Are you looking for a definitive rule or just a test balloon?

Participants in the industry were unsure if Gensler would propose a complete set of market structures.

“It’s not clear if Gensler is proposing a rule change immediately or merely floating a ‘trial balloon’ that may result in a rules proposal sometime later in the year,” David Franasiak, an attorney with Williams & Jensen who follows corporate issues in Washington, told me.

Gensler’s only proposal for market structure

Gensler is considering this as one of the many regulations he has in his plans.

Amy Lynch of FrontLine Compliance told me in February that “this is the biggest regulatory agenda we’ve seen from the SEC for many years.”

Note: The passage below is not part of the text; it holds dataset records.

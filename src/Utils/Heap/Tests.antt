-- ===== src/Utils/Heap/Tests.antt =====
-- Runs of the heap.
use kernelpanic.Common.{
  ℕ, zero, suc, ◌+◌, ◌*◌, ◌/◌, ◌^◌, ◌<◌, ◌≡◌, refl, sym, ap, ◌∙◌, ◌≢◌, ◌⊎◌, inl, inr, Option, none,
  some, List, [], ◌∷◌, arith, ◌==◌, if◌then◌else◌, Bool-cases, eqb→eq, eqb→ne, eqb_of_ne,
}
use kernelpanic.Common.Outcome.{Outcome, ok, ◌>>=◌}
use kernelpanic.Utils.Heap.{Nodes, Heap, init, add, pop, promote, promote_over}
use kernelpanic.Utils.Heap.Places.{Linked, swap_places, promote_lem}
use kernelpanic.Utils.Heap.Add.{IsHeap, IsAway, Added}
use kernelpanic.Utils.Heap.Insert.{add_lem}
use kernelpanic.Utils.Heap.Extract.{Popped, pop_lem}

abbrev blank : Nodes
blank = record { left = λ i. none; right = λ i. none; parent = λ i. none; weight = λ i. 0 }

-- HeapAdd of nodes with weights, one after the other.
unfoldable add_all : List (ℕ × ℕ) → Heap → Outcome (Option Heap)
unfolding add
add_all [] h = ok (some h)
add_all ((w, i) ∷ items) h =
    add w i h >>= λ added. elim added [ none ↦ ok none | some h' ↦ add_all items h' ]

-- The nodes that n calls of HeapPop return.
unfoldable pop_all : ℕ → Heap → Outcome (Option (List (Option ℕ)))
unfolding pop
pop_all zero h = ok (some [])
pop_all (suc n) h = pop h >>= λ popped. elim popped [
  | none ↦ ok none
  | some (i, h') ↦
      pop_all n h' >>= λ rest. elim rest [ none ↦ ok none | some l ↦ ok (some (i ∷ l)) ]
]

unfoldable sorted : List (ℕ × ℕ) → ℕ → Outcome (Option (List (Option ℕ)))
unfolding init add_all pop_all
sorted items n =
    add_all items (init blank) >>= λ added. elim added [ none ↦ ok none | some h ↦ pop_all n h ]

three_sorted :
    sorted ((30, 3) ∷ (10, 1) ∷ (20, 2) ∷ []) 4 ≡ ok (some (some 1 ∷ some 2 ∷ some 3 ∷ none ∷ []))
unfolding sorted
three_sorted = refl

six_sorted :
    sorted ((50, 5) ∷ (40, 4) ∷ (60, 6) ∷ (10, 1) ∷ (20, 2) ∷ (30, 3) ∷ []) 6
    ≡ ok (some (some 1 ∷ some 2 ∷ some 3 ∷ some 4 ∷ some 5 ∷ some 6 ∷ []))
unfolding sorted
six_sorted = refl

-- A heap of the nodes 1 and 2.
abbrev pair : Heap
pair = record {
  head = some 1;
  size = 2;
  nodes = record {
    left = λ i. if i == 1 then some 2 else none;
    right = λ i. none;
    parent = λ i. if i == 2 then some 1 else none;
    weight = λ i. if i == 1 then 5 else 7;
  };
}

abbrev pair_at : ℕ → Option ℕ
pair_at m = if m == 1 then some 1 else if m == 2 then some 2 else none

some-inj : {i j : ℕ} → some i ≡ some j → i ≡ j
some-inj h = cc

none-ne-some : {i : ℕ} → none ≢ some i
none-ne-some h = cc

stands : (m j : ℕ) → pair_at m ≡ some j → (m ≡ 1) × (j ≡ 1) ⊎ (m ≡ 2) × (j ≡ 2)
stands m j h = elim (Bool-cases (m == 1)) [
  | inl e ↦ inl (eqb→eq m 1 e, sym (some-inj (rw e at h)))
  | inr e ↦ elim (Bool-cases (m == 2)) [
    | inl f ↦ inr (eqb→eq m 2 f, sym (some-inj (rw (e, f) at h)))
    | inr f ↦ absurd (none-ne-some (rw (e, f) at h))
  ]
]

same_place :
    {m n j : ℕ}
    → (m ≡ 1) × (j ≡ 1) ⊎ (m ≡ 2) × (j ≡ 2)
    → (n ≡ 1) × (j ≡ 1) ⊎ (n ≡ 2) × (j ≡ 2)
    → m ≡ n
same_place (inl a) (inl b) = a.0 ∙ sym b.0
same_place (inl a) (inr b) = absurd (omega (arith, a.1, b.1))
same_place (inr a) (inl b) = absurd (omega (arith, a.1, b.1))
same_place (inr a) (inr b) = a.0 ∙ sym b.0

pair-Linked : Linked pair_at pair.nodes
pair-Linked = record {
  none_at = refl;
  once = λ m n j a b. same_place (stands m j a) (stands n j b);
  left = λ m j h. elim (stands m j h) [
    | inl e ↦ ap pair.nodes.left e.1 ∙ sym (ap (λ m. pair_at (2 * m)) e.0)
    | inr e ↦ ap pair.nodes.left e.1 ∙ sym (ap (λ m. pair_at (2 * m)) e.0)
  ];
  right = λ m j h. elim (stands m j h) [
    | inl e ↦ ap pair.nodes.right e.1 ∙ sym (ap (λ m. pair_at (2 * m + 1)) e.0)
    | inr e ↦ ap pair.nodes.right e.1 ∙ sym (ap (λ m. pair_at (2 * m + 1)) e.0)
  ];
  parent = λ m j h. elim (stands m j h) [
    | inl e ↦ ap pair.nodes.parent e.1 ∙ sym (ap (λ m. pair_at (m / 2)) e.0)
    | inr e ↦ ap pair.nodes.parent e.1 ∙ sym (ap (λ m. pair_at (m / 2)) e.0)
  ];
}

pair-IsHeap : IsHeap pair_at pair
pair-IsHeap = record {
  places = record {
    linked = pair-Linked;
    filled = λ m a b. elim (Bool-cases (m == 1)) [
      | inl e ↦ (1, ap pair_at (eqb→eq m 1 e))
      | inr e ↦ let two : m ≡ 2 = omega (arith, eqb→ne m 1 e) in (2, ap pair_at two)
    ];
    beyond = λ m b. rw (eqb_of_ne m 1 (λ e. omega arith), eqb_of_ne m 2 (λ e. omega arith)) refl;
  };
  ordered = λ m two i p hi hp. elim (stands m i hi) [
    | inl e ↦ absurd (omega (arith, e.0))
    | inr e ↦ let up : p ≡ 1 = some-inj (sym hp ∙ ap (λ m. pair_at (m / 2)) e.0) in ground arith
  ];
  head = refl;
}

three-IsAway : IsAway 3 pair_at
three-IsAway m h = elim (stands m 3 h) [
  | inl e ↦ absurd (omega (arith, e.1))
  | inr e ↦ absurd (omega (arith, e.1))
]

add_lem_example : Added 3 3 pair_at pair (add 3 3 pair)
add_lem_example = add_lem 3 3 pair_at pair pair-IsHeap three-IsAway (omega arith)

light : (j : ℕ) → pair.nodes.weight j < 2 ^ 64
light j = ground arith

pop_lem_example : Popped 1 pair_at pair (pop pair)
pop_lem_example = pop_lem pair_at pair 1 pair-IsHeap refl (omega arith) light

promote_lem_example :
    (promote 2 pair.nodes ≡ ok (promote_over 1 2 pair.nodes))
    × Linked (swap_places pair_at 2) (promote_over 1 2 pair.nodes)
promote_lem_example = promote_lem pair_at pair.nodes 2 2 1 pair-Linked (omega arith) refl refl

The agenda has only grown since then. Gensler proposed regulations on cybersecurity risk management. He also suggested rules for loaning and borrowing securities. Gensler recommended reporting short positions by investment mangers. Shortening stock trading’s settlement cycle. Pay versus performance of corporate executives. Gensler enhanced disclosure about special purpose acquisitions companies.

One of the most controversial proposals – a proposed rule on the disclosure of climate change risks – is now open to the public for comment until June 17. Others proposals of “ESG” type are board diversity (disclosure regarding the diversity among board members and nominees), and human resource management (increased disclosure on how companies manage its workforce).